The upside of a mobile epidural is that you retain some feeling in your legs, so you may be able to move about a bit – although how much depends on how you react to the drugs. You may still need help – and you definitely won't be running any marathons (not that marathons were likely to have been on your birth plan anyway).

It's worth remembering:

  • Not all hospitals offer mobile epidurals (check beforehand if yours does).
  • There is still an increased risk of a longer labour and the need for an assisted delivery, although the risk is less than that associated with a traditional epidural
  • As with traditional epidurals, you may find you get very itchy or have trouble passing urine

What is a spinal block?

A spinal block is a one-off injection of an anaesthetic (sometimes mixed with a pain-killing narcotic) directly into your spinal fluid, similar in principle to an epidural.
It completely numbs you from the waist down but wears off over a few hours. It's not usually used in labour itself, but is sometimes used for forceps and C-section deliveries.
Potential downsides are that you:

  • Can only have the one injection.
  • Are usually immobile and confined to bed.
  • Might feel shivery, sick or even itchy.
  • May find it hard to wee.
  • May get a bad headache.

What is a combined spinal epidural (CSE)?

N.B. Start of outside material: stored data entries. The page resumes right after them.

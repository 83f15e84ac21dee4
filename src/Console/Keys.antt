-- ===== src/Console/Keys.antt =====
-- consoleintr of console.c, against a queue of characters and a line that is typed.
use xv6_fork.Prelude.{
  get_or-append_left, ℕ, ◌+◌, ◌≤◌, ◌<◌, ◌≢◌, refl, sym, ap, ◌∙◌, inl, inr, arith, Bool, not, ◌&&◌,
  ◌||◌, List, [], ◌∷◌, ◌++◌, length, length-append, get_or, if◌then◌else◌, ◌==◌, add32, Bool-cases,
  ltb,
}
use mathlib.Core.Path.{ap₂}
use xv6_fork.Console.{
  Input, Event, shown, woken, dumped, input_buf, newline, end_of_file, list_processes, kill_line,
  newline_for, put, type_char, key, intr_from,
}
use xv6_fork.Console.Ring.{used, filled, put-Shows, commit-Shows, get_or-last, at_or_before}
use xv6_fork.Console.Editor.{
  Editor, spec_type, spec_key, Holds, Agrees, empty-plain, erase_line-Agrees, erase-Agrees,
}

snoc-plain :
    (xs : List ℕ) (c : ℕ)
    → ((k : ℕ) → k < length xs → get_or xs k 0 ≢ newline)
    → c ≢ newline
    → (k : ℕ) → k < length (xs ++ c ∷ [])
    → get_or (xs ++ c ∷ []) k 0 ≢ newline
snoc-plain xs c h other k lt same =
    elim (at_or_before k (length xs) (omega (arith, length-append xs (c ∷ [])))) [
      | inl before ↦ h k before (sym (get_or-append_left xs (c ∷ []) k 0 before) ∙ same)
      | inr e ↦ other (sym (get_or-last xs c) ∙ ap (λ i. get_or (xs ++ c ∷ []) i 0) (sym e) ∙ same)
    ]

-- The line ends at a newline, at an end of file and where the room is used up.
abbrev ends : ℕ → Editor → Bool
ends x d =
    (x == newline)
    || (x == end_of_file)
    || (length d.ready + length (d.line ++ x ∷ []) == input_buf)

typed-Agrees :
    (x : ℕ) (s : Input) (d : Editor)
    → x < 256
    → Holds s d
    → length d.ready + length d.line < input_buf
    → Agrees
        (if (x == newline) || (x == end_of_file) || ((put x s).e == add32 (put x s).r input_buf)
          then (record (put x s) { w = (put x s).e }, shown x ∷ woken ∷ [])
          else (put x s, shown x ∷ []))
        (if ends x d
          then (record { ready = d.ready ++ (d.line ++ x ∷ []); line = [] }, shown x ∷ woken ∷ [])
          else (record d { line = d.line ++ x ∷ [] }, shown x ∷ []))
typed-Agrees x s d byte h room =
    let v = put-Shows h.shows x byte room in
    rw (filled v) (elim (Bool-cases (ends x d)) [
      | inl stop ↦
          rw stop
            record { holds = record { shows = commit-Shows v; plain = empty-plain }; events = refl }
      | inr goes ↦ rw goes record {
        holds = record { shows = v; plain = snoc-plain d.line x h.plain (ground arith) };
        events = refl;
      }
    ])

type_char-Agrees :
    (c : ℕ) (s : Input) (d : Editor) → c < 256 → Holds s d → Agrees (type_char c s) (spec_type c d)
unfolding type_char spec_type
type_char-Agrees c s d byte h =
    elim (Bool-cases (not (c == 0) && ltb (length d.ready + length d.line) input_buf)) [
      | inl goes ↦
          rw (used h.shows, goes) (typed-Agrees (newline_for c) s d (ground arith) h (ground arith))
      | inr full ↦ rw (used h.shows, full) record { holds = h; events = refl }
    ]

key-Agrees :
    (c : ℕ) (s : Input) (d : Editor) → c < 256 → Holds s d → Agrees (key c s) (spec_key c d)
unfolding key spec_key
key-Agrees c s d byte h = elim (Bool-cases (c == list_processes)) [
  | inl lists ↦ rw lists record { holds = h; events = refl }
  | inr here ↦ rw here (elim (Bool-cases (c == kill_line)) [
    | inl kills ↦ rw kills (erase_line-Agrees input_buf s d h (omega (arith, h.shows.fits)))
    | inr there ↦ rw there (elim (Bool-cases ((c == 8) || (c == 127))) [
      | inl erases ↦ rw erases (erase-Agrees s d h)
      | inr types ↦ rw types (type_char-Agrees c s d byte h)
    ])
  ])
]

-- What consoleintr does to the editor: a key at a time, and the list of processes at the end.
pub spec_intr : Bool → List ℕ → Editor → Editor × List Event
spec_intr dump [] d = (d, if dump then dumped ∷ [] else [])
spec_intr dump (c ∷ cs) d =
    let k = spec_key c d in
    let rest = spec_intr (dump || (c == list_processes)) cs k.0 in (rest.0, k.1 ++ rest.1)

unfoldable pub AllBytes : List ℕ → Type 0
AllBytes [] = (0 ≤ 0)
AllBytes (c ∷ cs) = (c < 256) × AllBytes cs

pub intr_from-Agrees :
    (dump : Bool) (cs : List ℕ) (s : Input) (d : Editor)
    → AllBytes cs
    → Holds s d
    → Agrees (intr_from dump cs s) (spec_intr dump cs d)
unfolding intr_from spec_intr AllBytes
intr_from-Agrees dump [] s d bytes h = record { holds = h; events = refl }
intr_from-Agrees dump (c ∷ cs) s d (byte, bytes) h =
    let k = key-Agrees c s d byte h in
    let rest =
      intr_from-Agrees (dump || (c == list_processes)) cs (key c s).0 (spec_key c d).0 bytes
        k.holds in
    record { holds = rest.holds; events = ap₂ ◌++◌ k.events rest.events }
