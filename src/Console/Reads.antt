-- ===== src/Console/Reads.antt =====
-- consoleread of console.c, against a queue of characters.
use xv6_fork.Prelude.{
  ℕ, zero, suc, ◌-◌, ◌≡◌, refl, sym, ap, ◌∙◌, inl, inr, arith, Bool, false, List, [], ◌∷◌,
  if◌then◌else◌, ◌==◌, Bool-cases, ltb, add32, sub32,
}
use mathlib.Core.Path.{subst}
use xv6_fork.Console.{Input, newline, end_of_file, ReadOutcome, returned, failed, asleep, read_from}
use xv6_fork.Console.Ring.{Shows, nothing_ready, advance-Shows, first_char, taken_back}

-- What a read of the characters `ready` leaves, hands over and comes to. It stops behind a newline,
-- and at an end of file, which it leaves where it has handed something over.
unfoldable pub spec_read : ℕ → Bool → ℕ → List ℕ → List ℕ × List ℕ × ReadOutcome
spec_read target killed zero ready = (ready, [], returned target)
spec_read target killed (suc n) [] = ([], [], if killed then failed else asleep (suc n))
spec_read target killed (suc n) (c ∷ ready) =
    let rest = spec_read target killed n ready in
    if c == end_of_file
    then (if ltb (suc n) target then c ∷ ready else ready, [], returned (target - suc n))
    else (if c == newline
        then (ready, c ∷ [], returned (target - n))
        else (rest.0, c ∷ rest.1, rest.2))

pub record ReadsAs (line : List ℕ) (out : Input × List ℕ × ReadOutcome)
    (want : List ℕ × List ℕ × ReadOutcome) : Type 0 where
  pub shows : Shows out.0 want.0 line
  pub bytes : out.1 ≡ want.1
  pub ended : out.2 ≡ want.2

-- The character stays where it was.
kept-Shows :
    {s : Input} {ready line : List ℕ}
    → Shows s ready line
    → Shows (record s { r = sub32 (add32 s.r 1) 1 }) ready line
kept-Shows {s = s} {ready = ready} {line = line} v =
    subst (λ r. Shows (record s { r = r }) ready line) (sym (taken_back s v.r_word)) v

pub read_from-ReadsAs :
    (n target : ℕ) (killed : Bool) (s : Input) (ready line : List ℕ)
    → Shows s ready line
    → ReadsAs line (read_from target killed n s) (spec_read target killed n ready)
unfolding read_from spec_read
read_from-ReadsAs zero target killed s ready line v = record {
  shows = v;
  bytes = refl;
  ended = refl;
}
read_from-ReadsAs (suc n) target killed s [] line v =
    rw (nothing_ready v) record { shows = v; bytes = refl; ended = refl }
read_from-ReadsAs (suc n) target killed s (c ∷ ready) line v =
    let a = advance-Shows s c ready line v in
    let some_left : (s.r == s.w) ≡ false = nothing_ready v ∙ ground arith in
    let rest = read_from-ReadsAs n target killed (record s { r = add32 s.r 1 }) ready line a in
    rw (some_left, first_char s c ready line v)
      (elim (Bool-cases (c == end_of_file)) [
        | inl stop ↦ rw stop (elim (Bool-cases (ltb (suc n) target)) [
          | inl some_read ↦ rw some_read record { shows = kept-Shows v; bytes = refl; ended = refl }
          | inr none_read ↦ rw none_read record { shows = a; bytes = refl; ended = refl }
        ])
        | inr goes ↦ rw goes (elim (Bool-cases (c == newline)) [
          | inl line_end ↦ rw line_end record { shows = a; bytes = refl; ended = refl }
          | inr inside ↦
              rw inside record {
                shows = rest.shows;
                bytes = ap (λ t. c ∷ t) rest.bytes;
                ended = rest.ended;
              }
        ])
      ])
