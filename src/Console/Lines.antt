-- ===== src/Console/Lines.antt =====
-- consoleread of console.c: a read takes at most one line.
use xv6_fork.Prelude.{
  ℕ, zero, suc, ◌+◌, ◌-◌, ◌≤◌, ◌<◌, ◌≡◌, ◌≢◌, ◌⊎◌, refl, sym, ap, inl, inr, arith, Bool, true,
  false, List, [], ◌∷◌, ◌++◌, length, get_or, ◌==◌, ==_iff, Bool-cases, ltb,
}
use xv6_fork.Console.{
  Input, newline, end_of_file, ReadOutcome, returned, failed, asleep, consoleread,
}
use xv6_fork.Console.Ring.{Shows}
use xv6_fork.Console.Reads.{spec_read, read_from-ReadsAs}

-- Why a read of `n` bytes returns: it has them, it has met a newline, or it has met an end of file.
pub StopsFor : ℕ → List ℕ → List ℕ → Type 0
StopsFor n ready bytes =
    (length bytes ≡ n)
    ⊎ (((begin : List ℕ) × (bytes ≡ begin ++ newline ∷ []))
        ⊎ ((rest : List ℕ) × (ready ≡ bytes ++ end_of_file ∷ rest)))

-- A read returns a count and has a reason; or everything that was ready is read.
pub Comes : ℕ → Bool → ℕ → List ℕ → List ℕ → List ℕ → ReadOutcome → Type 0
Comes target killed n ready left bytes (returned k) =
    (k + n ≡ target + length bytes) × StopsFor n ready bytes
Comes target killed n ready left bytes failed = (killed ≡ true) × (left ≡ [])
Comes target killed n ready left bytes (asleep m) =
    (killed ≡ false) × (left ≡ []) × (0 < m) × (m + length bytes ≡ n)

pub record TakesLine (target : ℕ) (killed : Bool) (n : ℕ) (ready left bytes : List ℕ)
    (o : ReadOutcome) : Type 0 where
  pub at_most : length bytes ≤ n
  pub one_line : (k : ℕ) → suc k < length bytes → get_or bytes k 0 ≢ newline
  pub no_end : (k : ℕ) → k < length bytes → get_or bytes k 0 ≢ end_of_file
  pub in_order :
      (bytes ++ left ≡ ready) ⊎ ((target ≤ n) × (bytes ≡ []) × (end_of_file ∷ left ≡ ready))
  pub comes : Comes target killed n ready left bytes o

empty-TakesLine :
    (target : ℕ) (killed : Bool) (n : ℕ) (ready left : List ℕ) (o : ReadOutcome)
    → (left ≡ ready) ⊎ ((target ≤ n) × (end_of_file ∷ left ≡ ready))
    → Comes target killed n ready left [] o
    → TakesLine target killed n ready left [] o
empty-TakesLine target killed n ready left o order comes = record {
  at_most = omega arith;
  one_line = λ k h. absurd (omega arith);
  no_end = λ k h. absurd (omega arith);
  in_order = elim order [ inl e ↦ inl e | inr (le, e) ↦ inr (le, refl, e) ];
  comes = comes;
}

more-StopsFor :
    (n c : ℕ) (ready bytes : List ℕ)
    → StopsFor n ready bytes
    → StopsFor (suc n) (c ∷ ready) (c ∷ bytes)
unfolding StopsFor
more-StopsFor n c ready bytes (inl e) = inl (omega (arith, e))
more-StopsFor n c ready bytes (inr (inl (begin, e))) = inr (inl (c ∷ begin, ap (λ t. c ∷ t) e))
more-StopsFor n c ready bytes (inr (inr (rest, e))) = inr (inr (rest, ap (λ t. c ∷ t) e))

more-Comes :
    (target : ℕ) (killed : Bool) (n c : ℕ) (ready left bytes : List ℕ) (o : ReadOutcome)
    → Comes target killed n ready left bytes o
    → Comes target killed (suc n) (c ∷ ready) left (c ∷ bytes) o
unfolding Comes
more-Comes target killed n c ready left bytes (returned k) (e, stops) =
    (omega (arith, e), more-StopsFor n c ready bytes stops)
more-Comes target killed n c ready left bytes failed h = h
more-Comes target killed n c ready left bytes (asleep m) (here, none_left, some_more, e) =
    (here, none_left, some_more, omega (arith, e))

avoids-cons :
    (x c : ℕ) (bytes : List ℕ) (m : ℕ)
    → c ≢ x
    → ((k : ℕ) → k < m → get_or bytes k 0 ≢ x)
    → (k : ℕ) → k < suc m
    → get_or (c ∷ bytes) k 0 ≢ x
avoids-cons x c bytes m other h zero lt = other
avoids-cons x c bytes m other h (suc k) lt = h k (omega arith)

more-TakesLine :
    (target : ℕ) (killed : Bool) (n c : ℕ) (ready left bytes : List ℕ) (o : ReadOutcome)
    → n < target
    → c ≢ newline
    → c ≢ end_of_file
    → TakesLine target killed n ready left bytes o
    → TakesLine target killed (suc n) (c ∷ ready) left (c ∷ bytes) o
more-TakesLine target killed n c ready left bytes o lt inside goes h = record {
  at_most = omega (arith, h.at_most);
  one_line = λ k lt'.
      avoids-cons newline c bytes (length bytes - 1) inside (λ j lt''. h.one_line j (omega arith)) k
        (omega arith);
  no_end = avoids-cons end_of_file c bytes (length bytes) goes h.no_end;
  in_order = elim h.in_order [
    | inl e ↦ inl (ap (λ t. c ∷ t) e)
    | inr (le, _, e) ↦ absurd (omega arith)
  ];
  comes = more-Comes target killed n c ready left bytes o h.comes;
}

spec_read-TakesLine :
    (n target : ℕ) (killed : Bool) (ready : List ℕ)
    → n ≤ target
    → let r = spec_read target killed n ready in TakesLine target killed n ready r.0 r.1 r.2
unfolding spec_read Comes StopsFor
spec_read-TakesLine zero target killed ready le =
    empty-TakesLine target killed 0 ready ready (returned target) (inl refl) (omega arith, inl refl)
spec_read-TakesLine (suc n) target true [] le =
    empty-TakesLine target true (suc n) [] [] failed (inl refl) (refl, refl)
spec_read-TakesLine (suc n) target false [] le =
    empty-TakesLine target false (suc n) [] [] (asleep (suc n)) (inl refl)
      (refl, refl, omega arith, omega arith)
spec_read-TakesLine (suc n) target killed (c ∷ ready) le =
    let stop_here : (target - suc n) + suc n ≡ target + 0 = omega arith in
    elim (Bool-cases (c == end_of_file)) [
      | inl stop ↦
          let e : c ≡ end_of_file = (==_iff _ _).0 stop in
          rw stop (elim (Bool-cases (ltb (suc n) target)) [
            | inl some_read ↦ rw some_read (
                empty-TakesLine target killed (suc n) (c ∷ ready) (c ∷ ready) _ (inl refl)
                  (stop_here, inr (inr (ready, ap (λ x. x ∷ ready) e))))
            | inr none_read ↦ rw none_read (
                empty-TakesLine target killed (suc n) (c ∷ ready) ready _
                  (inr (ground arith, ap (λ x. x ∷ ready) (sym e)))
                  (stop_here, inr (inr (ready, ap (λ x. x ∷ ready) e))))
          ])
      | inr goes ↦ rw goes (elim (Bool-cases (c == newline)) [
        | inl line_end ↦ rw line_end record {
          at_most = omega arith;
          one_line = λ k h. absurd (omega arith);
          no_end = avoids-cons end_of_file c [] 0 (ground arith) (λ k h. absurd (omega arith));
          in_order = inl refl;
          comes = (omega arith, inr (inl ([], ap (λ x. x ∷ []) ((==_iff _ _).0 line_end))));
        }
        | inr inside ↦ rw inside (
            more-TakesLine target killed n c ready _ _ _ (omega arith) (ground arith) (ground arith)
              (spec_read-TakesLine n target killed ready (omega arith)))
      ])
    ]

pub record ReadsLine (killed : Bool) (n : ℕ) (ready line : List ℕ)
    (out : Input × List ℕ × ReadOutcome) : Type 0 where
  pub left : List ℕ
  pub shows : Shows out.0 left line
  pub line_of : TakesLine n killed n ready left out.1 out.2

-- consoleread of `n` bytes, from a ring that holds the characters `ready` to be read and the typed
-- line `line`, leaves the typed line, and hands over the first characters that are ready, in order,
-- at most `n` of them. They hold no end of file, and a newline at most as the last. It returns their
-- number, and does so only if they are `n`, or end in a newline, or an end of file follows them; this
-- is taken out only if nothing is handed over. Else it has read everything that was ready, and returns
-- -1 if the process is killed and sleeps, with the rest of `n` left to read, if not.
pub consoleread-ReadsLine :
    (killed : Bool) (n : ℕ) (s : Input) (ready line : List ℕ)
    → Shows s ready line
    → ReadsLine killed n ready line (consoleread killed n s)
unfolding consoleread
consoleread-ReadsLine killed n s ready line v =
    let a = read_from-ReadsAs n n killed s ready line v in
    let t = spec_read-TakesLine n n killed ready (omega arith) in
    record {
      left = (spec_read n killed n ready).0;
      shows = a.shows;
      line_of = rw (a.bytes, a.ended) t;
    }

A CSE is basically a combination of a spinal block and an epidural in that you receive a combination of painkiller and anaesthetic, the difference is in how these are administered.

First up, you'll have a spinal injection of a fast-acting opiate painkiller. Meanwhile, an epidural tube will be sited in the usual way – but you won't be given any anaesthetic via the tube until the effect of the painkiller starts to wear off (usually in an hour or two).

I've done two births on just gas and air and while I got through, I would very much prefer to have an epidural next time.

CSE is particularly suited for use in late, rapidly progressing labours as relief is virtually instantaneous (yippee) and is often used for a last-minute Caesarean. Unlike a spinal block, it can be topped up when the initial spinal injection wears off. Plus, until you have the epidural anaesthetic, you'll be able to walk around. The cons are similar to those associated with mobile epidurals.